O estado de transe que as palavras do encantamento proporcionavam e a grande quantidade de álcool que bebera entraram em combustão. Minutos depois, o jovem tombou, desacordado entre as velas.
*
Como continuar uma história que acontece fora do tempo?
Lia e Damien encontram-se no vazio, e a única forma de continuar esta narrativa é dar um lugar e uma forma para o que aconteceu.
Suas energias encontraram-se em uma espécie de limbo. Um lugar esquecido entre dimensões, desolador e abandonado. Uma carcaça de tempo, onde tudo foi esquecido ou perdido.
— Então... é você.
Seus olhos se encontraram, e o olhar de repúdio de Lia logo transformou-se em um olhar úmido e misterioso.
— 616 é seu nome — Ele disse, na mente dela, sem mover um músculo da face — Esqueça o dia em que você foi Lia.
— Pois este deveria ser o SEU nome — Ela rebateu, com raiva, se aproximando demais dele – Porque quem ardeu nas chamas de velas negras foi você, e toda a sua casa!
Nesse instante, o rosto de Damien contorceu-se, numa expressão de choque e dor, e, olhando ao redor, ele compreendeu o tudo e o nada.
— Você morreu num acidente de carro, Lia, eu vi.
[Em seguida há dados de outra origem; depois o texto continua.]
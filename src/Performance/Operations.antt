-- ===== src/Performance/Operations.antt =====
-- The public operations of `PerformanceMonitor` in src/PerformanceMonitor.cpp, but for the reports and the files.
use barren_engine.Common.{
  ℕ, Bool, true, false, not, List, [], ◌∷◌, ◌++◌, Bytes, ℤ, pos, if◌then◌else◌, Doubles, assign,
  erase, bytes_key,
}
use barren_engine.Performance.Types.{
  PerformanceMetrics, no_metrics, PerformanceThresholds, PerformanceMonitor, Notice,
  metrics_callback, rule,
}

module _ {D : Type 0} ⦃d : Doubles D⦄ where
  -- The constructor; `memory` is what the thresholds, which it does not write, hold.
  unfoldable pub new_monitor : PerformanceThresholds D → PerformanceMonitor D
  new_monitor memory = record {
    running = false;
    monitoring = false;
    optimization_enabled = false;
    optimization_level = pos 0;
    monitoring_interval = 1000;
    metrics = no_metrics;
    thresholds = memory;
    custom_thresholds = [];
    optimization_rules = [];
    event_queue = [];
    has_event_callback = false;
    has_metrics_callback = false;
    has_threshold_callback = false;
    last_update = 0;
    last_monitoring = 0;
    notices = [];
  }

  unfoldable pub initialize : PerformanceMonitor D → PerformanceMonitor D × Bool
  initialize m = if m.running then (m, true) else (record m { running = true }, true)

  unfoldable pub start : ℕ → PerformanceMonitor D → PerformanceMonitor D
  start now m = if not m.running then m else record m { monitoring = true; last_monitoring = now }

  unfoldable pub stop : PerformanceMonitor D → PerformanceMonitor D
  stop m =
      if not m.running
      then m
      else record m { running = false; monitoring = false; optimization_enabled = false }

  unfoldable pub is_running : PerformanceMonitor D → Bool
  is_running m = m.running

  -- `threads` is `std::thread::hardware_concurrency()`.
  unfoldable pub collect_cpu_metrics : ℕ → PerformanceMetrics D → PerformanceMetrics D
  collect_cpu_metrics threads metrics = record metrics {
    cpu_usage = d.of_nat 0;
    thread_count = threads;
    context_switches = 0;
  }

  unfoldable pub collect_memory_metrics : PerformanceMetrics D → PerformanceMetrics D
  collect_memory_metrics metrics = record metrics {
    memory_usage = 0;
    peak_memory_usage = 0;
    allocation_count = 0;
    deallocation_count = 0;
  }

  unfoldable pub collect_network_metrics : PerformanceMetrics D → PerformanceMetrics D
  collect_network_metrics metrics = record metrics {
    bytes_sent = 0;
    bytes_received = 0;
    packet_loss = 0;
    latency = 0;
    bandwidth = 0;
  }

  unfoldable pub collect_timing_metrics : PerformanceMetrics D → PerformanceMetrics D
  collect_timing_metrics metrics = record metrics {
    frame_time = pos 0;
    update_time = pos 0;
    render_time = pos 0;
    network_time = pos 0;
  }

  unfoldable pub collect_custom_metrics : PerformanceMetrics D → PerformanceMetrics D
  collect_custom_metrics metrics = metrics

  unfoldable pub update_metrics : ℕ → ℕ → PerformanceMonitor D → PerformanceMonitor D
  unfolding collect_cpu_metrics collect_memory_metrics collect_network_metrics
      collect_timing_metrics collect_custom_metrics
  update_metrics threads now m =
      let metrics = collect_custom_metrics (
        collect_timing_metrics (
          collect_network_metrics
            (collect_memory_metrics (collect_cpu_metrics threads m.metrics)))) in
      if not m.running then m else record m {
        metrics = metrics;
        last_update = now;
        notices =
            m.notices ++ (if m.has_metrics_callback then metrics_callback metrics ∷ [] else []);
      }

  unfoldable pub get_metrics : PerformanceMonitor D → PerformanceMetrics D
  get_metrics m = m.metrics

  unfoldable pub reset_metrics : PerformanceMonitor D → PerformanceMonitor D
  reset_metrics m = record m { metrics = no_metrics }

  unfoldable pub add_custom_metric : Bytes → D → PerformanceMonitor D → PerformanceMonitor D
  add_custom_metric name value m = record m {
    metrics = record m.metrics { custom_metrics = assign name value m.metrics.custom_metrics };
  }

  unfoldable pub remove_custom_metric : Bytes → PerformanceMonitor D → PerformanceMonitor D
  remove_custom_metric name m = record m {
    metrics = record m.metrics { custom_metrics = erase name m.metrics.custom_metrics };
  }

  unfoldable pub set_thresholds :
      PerformanceThresholds D → PerformanceMonitor D → PerformanceMonitor D
  set_thresholds thresholds m = record m { thresholds = thresholds }

  unfoldable pub get_thresholds : PerformanceMonitor D → PerformanceThresholds D
  get_thresholds m = m.thresholds

  unfoldable pub set_custom_threshold : Bytes → D → PerformanceMonitor D → PerformanceMonitor D
  set_custom_threshold metric threshold m = record m {
    custom_thresholds = assign metric threshold m.custom_thresholds;
  }

  unfoldable pub remove_custom_threshold : Bytes → PerformanceMonitor D → PerformanceMonitor D
  remove_custom_threshold metric m = record m {
    custom_thresholds = erase metric m.custom_thresholds;
  }

  unfoldable pub set_performance_event_callback : Bool → PerformanceMonitor D → PerformanceMonitor D
  set_performance_event_callback callback m = record m { has_event_callback = callback }

  unfoldable pub set_metrics_callback : Bool → PerformanceMonitor D → PerformanceMonitor D
  set_metrics_callback callback m = record m { has_metrics_callback = callback }

  unfoldable pub set_threshold_callback : Bool → PerformanceMonitor D → PerformanceMonitor D
  set_threshold_callback callback m = record m { has_threshold_callback = callback }

  unfoldable pub enable_optimization : Bool → PerformanceMonitor D → PerformanceMonitor D
  enable_optimization enable m = record m { optimization_enabled = enable }

  unfoldable pub set_optimization_level : ℤ → PerformanceMonitor D → PerformanceMonitor D
  set_optimization_level level m = record m { optimization_level = level }

  unfoldable pub add_optimization_rule : Bytes → ℕ → PerformanceMonitor D → PerformanceMonitor D
  add_optimization_rule component f m = record m {
    optimization_rules = assign component f m.optimization_rules;
  }

  unfoldable pub remove_optimization_rule : Bytes → PerformanceMonitor D → PerformanceMonitor D
  remove_optimization_rule component m = record m {
    optimization_rules = erase component m.optimization_rules;
  }

  unfoldable pub start_monitoring : ℕ → PerformanceMonitor D → PerformanceMonitor D
  start_monitoring now m =
      if not m.running then m else record m { monitoring = true; last_monitoring = now }

  unfoldable pub stop_monitoring : PerformanceMonitor D → PerformanceMonitor D
  stop_monitoring m = record m { monitoring = false }

  unfoldable pub is_monitoring : PerformanceMonitor D → Bool
  is_monitoring m = m.monitoring

  unfoldable pub set_monitoring_interval : ℕ → PerformanceMonitor D → PerformanceMonitor D
  set_monitoring_interval interval_ms m = record m { monitoring_interval = interval_ms }

  -- The calls of the rules, in the order of the map.
  unfoldable pub rule_calls : List (Bytes × ℕ) → List (Notice D)
  rule_calls [] = []
  rule_calls ((component, f) ∷ rules) = rule f ∷ rule_calls rules

  unfoldable pub apply_optimizations : PerformanceMonitor D → PerformanceMonitor D
  unfolding rule_calls
  apply_optimizations m =
      if not m.optimization_enabled
      then m
      else record m { notices = m.notices ++ rule_calls m.optimization_rules }

  -- The four analyses have empty bodies.
  unfoldable pub analyze_performance : PerformanceMonitor D → PerformanceMonitor D
  unfolding apply_optimizations
  analyze_performance m =
      if not m.running then m else if m.optimization_enabled then apply_optimizations m else m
E, durante anos — Ele se calou, lembrando que, para ela, a quantidade “anos” provavelmente não fazia mais sentido — Você está morta, e, através do meu jogo de Ouija... — Calou-se.
Ficaram quietos. Ela sentiu um medo maior que o universo e desabou nos braços dele.
Ao longe, entidades amorfas repugnantes preparavam-se para estraçalhar os dois.
No abraço que durou uma vida, ele jurou protegê-la, e, com o coração que lhe restara, pediu todo o poder aos seus santos que habitavam as trevas.